From these analyses, three of the four cases show that the common miRNA biomarkers of two diseases or the miRNA biomarkers of a disease have a smaller distance mean compared with the overall mean distance for one or two distance models. Only one case does not have this phenomenon. Compared with the other three cases, this case only has 12 biomarkers. It is not clear whether a lower number of biomarkers would lead to different outcomes than the other three cases.

It is known that the miRNA seed played a more important role in target recognition than the rest of the miRNA sequence43. The use of miRNA seed sequences for biomarker analysis is also an interesting topic that could be a future study. In addition, the mean distances of miRNAs in the same seed family for several cases are examined using the derived distributions. Table 9 provides the mean distances for the JC model and Kimura model of three seed families. In these three cases, all of them have a smaller mean distance than the overall mean. The percentiles of these means are very small. All of them are smaller than one percentile. It shows the very high similarity of the miRNA mature sequences in each of the three families. It is very likely that the mature sequences in other seed families also have high similarities. In addition, the KS test was also used to test the similarity between the distribution derived by the kernel density estimation method for all pairwise distances and that for the pairwise distances of the LET-7 family. The distributions are significantly different with p-values 2.3048e−31 and 1.7902e−30 for JC and Kimura model distance, respectively.

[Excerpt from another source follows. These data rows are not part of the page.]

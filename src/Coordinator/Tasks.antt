-- ===== src/Coordinator/Tasks.antt =====
-- runtime/workflow_coordinator.py, the execution of one task. The metadata of the nodes, which the
-- model of the DAG engine leaves out, is a parameter.
use Prim.Native.String
use agent_manager.Prelude.Actions.{◌>>◌}
use agent_manager.Prelude.Dict
use agent_manager.Prelude.Int.{neg}
use agent_manager.Prelude.StrSet.{discard}
use agent_manager.Prelude.{
  ℕ, String, Bool, true, false, Result, ok, err, Exec, Option, none, some, List, if◌then◌else◌,
}
use agent_manager.StateManager.Transitions.{TaskState, completed, failed, blocked_hitl, ready}
use agent_manager.StateManager.Machine.{Repository}
use agent_manager.Dag.Digraph.{Digraph}
use agent_manager.Dag.Engine
use agent_manager.Dag.Engine.{DagEngine, DagNode, TaskStatus, update_node_status, get_node}
use agent_manager.SchedulerEngine.Queue.{heappush, queued}
use agent_manager.SchedulerEngine.Engine.{
  Scheduler, pending as queued_status, mark_completed, mark_failed,
}
use agent_manager.Runtime.Errors.{PyError, value_error}
use agent_manager.Runtime.Context.{ExecutionContext, Fields}
use agent_manager.Runtime.Executor.{CheckpointManager, Executor, Task, run_task, workflow_of}
use agent_manager.Recovery.Failures.{
  FailureType, runtime, RecoveryStrategy, defect_repair, RecoveryContext, ContextError, required,
  checked, classify,
}
use agent_manager.Recovery.Steps.{Recovery, Attempt}
use agent_manager.Recovery.Repairs.{Pipeline}
use agent_manager.Recovery.Engine.{execute_recovery}
use agent_manager.Coordinator.State.{
  Coordinator, World, in_scheduler, in_dag, current_state, begin_state, shift_state,
}
use agent_manager.Coordinator.Memory.{write_task_result_to_memory, write_recovery_result_to_memory}

-- `ValueError(f"{field} is required")` of `RecoveryContext`
unfoldable pub context_raised : ContextError → PyError
context_raised (required field) = value_error (String.◌++◌ field " is required")

-- DEFECT_REPAIR for a failure at run time, where a pipeline is there and allowed.
unfoldable pub strategy_for :
    (available allowed : Bool) → FailureType × RecoveryStrategy → RecoveryStrategy
strategy_for true true (runtime, strategy) = defect_repair
strategy_for available allowed (failure, strategy) = strategy

abbrev available : {A : Type 0} → Option A → Bool
available none = false
available (some a) = true

-- `_mark_scheduler_pending`
unfoldable pub mark_scheduler_pending : String → Scheduler → Scheduler
mark_scheduler_pending task_id s = elim (Dict.get s.tasks task_id) [
  | none ↦ s
  | some t ↦ record s {
    tasks =
        Dict.put s.tasks task_id
          (record t { status = queued_status; next_retry_at = none; retry_attempts = 0 });
    running_tasks = discard s.running_tasks task_id;
    execution_queue =
        if queued s.execution_queue task_id
        then s.execution_queue
        else heappush (record { neg_priority = neg t.priority; task_id = task_id })
            s.execution_queue;
  }
]

module _ {R M G : Type 0} (ops : Repository R) (graph : Digraph G) (manager : CheckpointManager M)
    (pipeline : Option (Pipeline R M)) (metadata : String → Fields) where
  -- `_set_failed_state`, for the state that `get_state` gives
  unfoldable pub fail_from :
      String
      → (reason : String) → (now : ℕ) → Option TaskState × Coordinator R M G
      → Result PyError (Unit {0}) × Coordinator R M G
  fail_from task_id reason now (some completed, c) = (ok tt, c)
  fail_from task_id reason now (some blocked_hitl, c) = (ok tt, c)
  fail_from task_id reason now (some failed, c) = (ok tt, c)
  fail_from task_id reason now (some s, c) = shift_state ops task_id failed reason now c
  fail_from task_id reason now (none, c) =
      (begin_state ops task_id >> shift_state ops task_id failed reason now) c

  unfoldable pub set_failed_state :
      String → (reason : String) → (now : ℕ) → Exec (Coordinator R M G) PyError (Unit {0})
  set_failed_state task_id reason now c = fail_from task_id reason now (current_state ops task_id c)

  unfoldable pub set_node : String → TaskStatus → Exec (Coordinator R M G) PyError (Unit {0})
  set_node task_id status = in_dag (update_node_status graph task_id status)

  -- A step that raises nothing.
  unfoldable pub then_do :
      (Coordinator R M G → Coordinator R M G) → Exec (Coordinator R M G) PyError (Unit {0})
  then_do f c = (ok tt, f c)

  unfoldable pub task_of : DagNode → Task
  task_of node = record { node_id = node.node_id; metadata = metadata node.node_id }

  unfoldable pub answered :
      Coordinator R M G
      → Result PyError ExecutionContext × Executor R M
      → Result PyError (Unit {0}) × Coordinator R M G
  answered c (ok context, x) = (ok tt, record c { executor = x })
  answered c (err e, x) = (err e, record c { executor = x })

  -- `await self.task_executor.run_task(node)`
  unfoldable pub call_executor : World → DagNode → Exec (Coordinator R M G) PyError (Unit {0})
  call_executor w node c =
      answered c (run_task ops manager w.sandbox w.clock (task_of node) c.executor)

  -- The `try` block of `_execute_scheduled_task_impl`.
  unfoldable pub attempt_task :
      World → String → DagNode → Exec (Coordinator R M G) PyError (Unit {0})
  attempt_task w task_id node = do
    call_executor w node
    in_scheduler (mark_completed task_id)
    set_node task_id Engine.completed
    then_do (write_task_result_to_memory w.now task_id (metadata node.node_id) "completed")

  -- The statements behind the `if recovered`.
  unfoldable pub give_up : World → String → Exec (Coordinator R M G) PyError (Unit {0})
  give_up w task_id = do
    in_scheduler (mark_failed task_id)
    set_node task_id Engine.failed
    set_failed_state task_id "Task execution failed" w.now

  -- The branches for a recovery that answered true, by the state of the task.
  unfoldable pub resume_by_state :
      World
      → String
      → DagNode
      → Option TaskState × Coordinator R M G
      → Result PyError (Unit {0}) × Coordinator R M G
  resume_by_state w task_id node (some completed, c) =
      (do
        in_scheduler (mark_completed task_id)
        set_node task_id Engine.completed
        then_do
            (write_recovery_result_to_memory task_id (metadata node.node_id) "recovered_completed"))
        c
  resume_by_state w task_id node (some ready, c) =
      (do
        then_do (λ c. record c { scheduler = mark_scheduler_pending task_id c.scheduler })
        set_node task_id Engine.pending
        then_do (write_recovery_result_to_memory task_id (metadata node.node_id) "recovered_retry"))
        c
  resume_by_state w task_id node (s, c) = give_up w task_id c

  unfoldable pub after_recovery :
      World
      → String
      → DagNode
      → Result PyError Bool × Coordinator R M G
      → Result PyError (Unit {0}) × Coordinator R M G
  after_recovery w task_id node (err e, c) = (err e, c)
  after_recovery w task_id node (ok true, c) =
      resume_by_state w task_id node (current_state ops task_id c)
  after_recovery w task_id node (ok false, c) = give_up w task_id c

  unfoldable pub recovered :
      Coordinator R M G → Bool × Recovery R M → Result PyError Bool × Coordinator R M G
  recovered c (answer, r) =
      (ok answer, record c { executor = r.executor; recovery = some r.recovery_history })

  unfoldable pub call_recovery :
      World
      → Dict.Dict (List Attempt)
      → Coordinator R M G
      → Result ContextError RecoveryContext
      → Result PyError Bool × Coordinator R M G
  call_recovery w history c (err e) = (err (context_raised e), c)
  call_recovery w history c (ok ctx) = recovered c (
      execute_recovery ops manager w.recovery_sandbox w.recovery_clock pipeline w.events w.now
        (record { executor = c.executor; recovery_history = history; ctx = ctx }))

  -- `_recover_failed_task`. The context is made, and checked, outside of its `try`.
  unfoldable pub recover_failed_task :
      World
      → String
      → DagNode
      → PyError
      → Coordinator R M G
      → Result PyError Bool × Coordinator R M G
  recover_failed_task w task_id node error c = elim c.recovery [
    | none ↦ (ok false, c)
    | some history ↦
        let kind = classify error in
        call_recovery w history c (
          checked (record {
            task_id = task_id;
            workflow_id = workflow_of (metadata node.node_id);
            failure_type = kind.0;
            error_msg = error.message;
            checkpoint_id = none;
            event_id = none;
            retry_count = 0;
            recovery_strategy = some (strategy_for (available pipeline) c.allow_defect_repair kind);
          }))
  ]

  unfoldable pub settled_by :
      World
      → String
      → DagNode
      → Result PyError (Unit {0}) × Coordinator R M G
      → Result PyError (Unit {0}) × Coordinator R M G
  settled_by w task_id node (ok done, c) = (ok tt, c)
  settled_by w task_id node (err e, c) =
      after_recovery w task_id node (recover_failed_task w task_id node e c)

  unfoldable pub run_node : World → String → DagNode → Exec (Coordinator R M G) PyError (Unit {0})
  run_node w task_id node = do
    set_node task_id Engine.running
    (λ c. settled_by w task_id node (attempt_task w task_id node c))

  -- `_execute_scheduled_task_impl`
  unfoldable pub execute_scheduled_task :
      World → String → Exec (Coordinator R M G) PyError (Unit {0})
  execute_scheduled_task w task_id c = elim (Dict.get c.dag.nodes task_id) [
    | none ↦ in_scheduler (mark_failed task_id) c
    | some node ↦ run_node w task_id node c
  ]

Table 9 The distance of miRNAs in three seed families.

Conclusion

miRNAs have been widely used as disease biomarkers for various diseases. The association between diseases has been explored by analyzing their miRNA biomarkers. As miRNAs are involved in disease mechanisms, there might be an association between two diseases if these two diseases have many common miRNA biomarkers or have miRNA biomarkers with high similarity. The pairwise distance distribution of miRNAs can be used to assess the proximity between miRNAs. To the best of my knowledge, there have been no studies exploring the distribution of miRNA pairwise distance. To this end, the approximate distributions of miRNA pairwise distances based on the JC and Kimura substitution models were derived in this study. Using these derived distributions, the similarity of miRNA biomarkers for several diseases was evaluated. The results show that the mean distances of the miRNA biomarkers are smaller than the overall mean disease in three of the four studied cases for some distance model. In conclusion, this paper provides approximate distributions of miRNA pairwise distance that can be used to measure the similarity of miRNAs, and to study the similarity of miRNA biomarkers.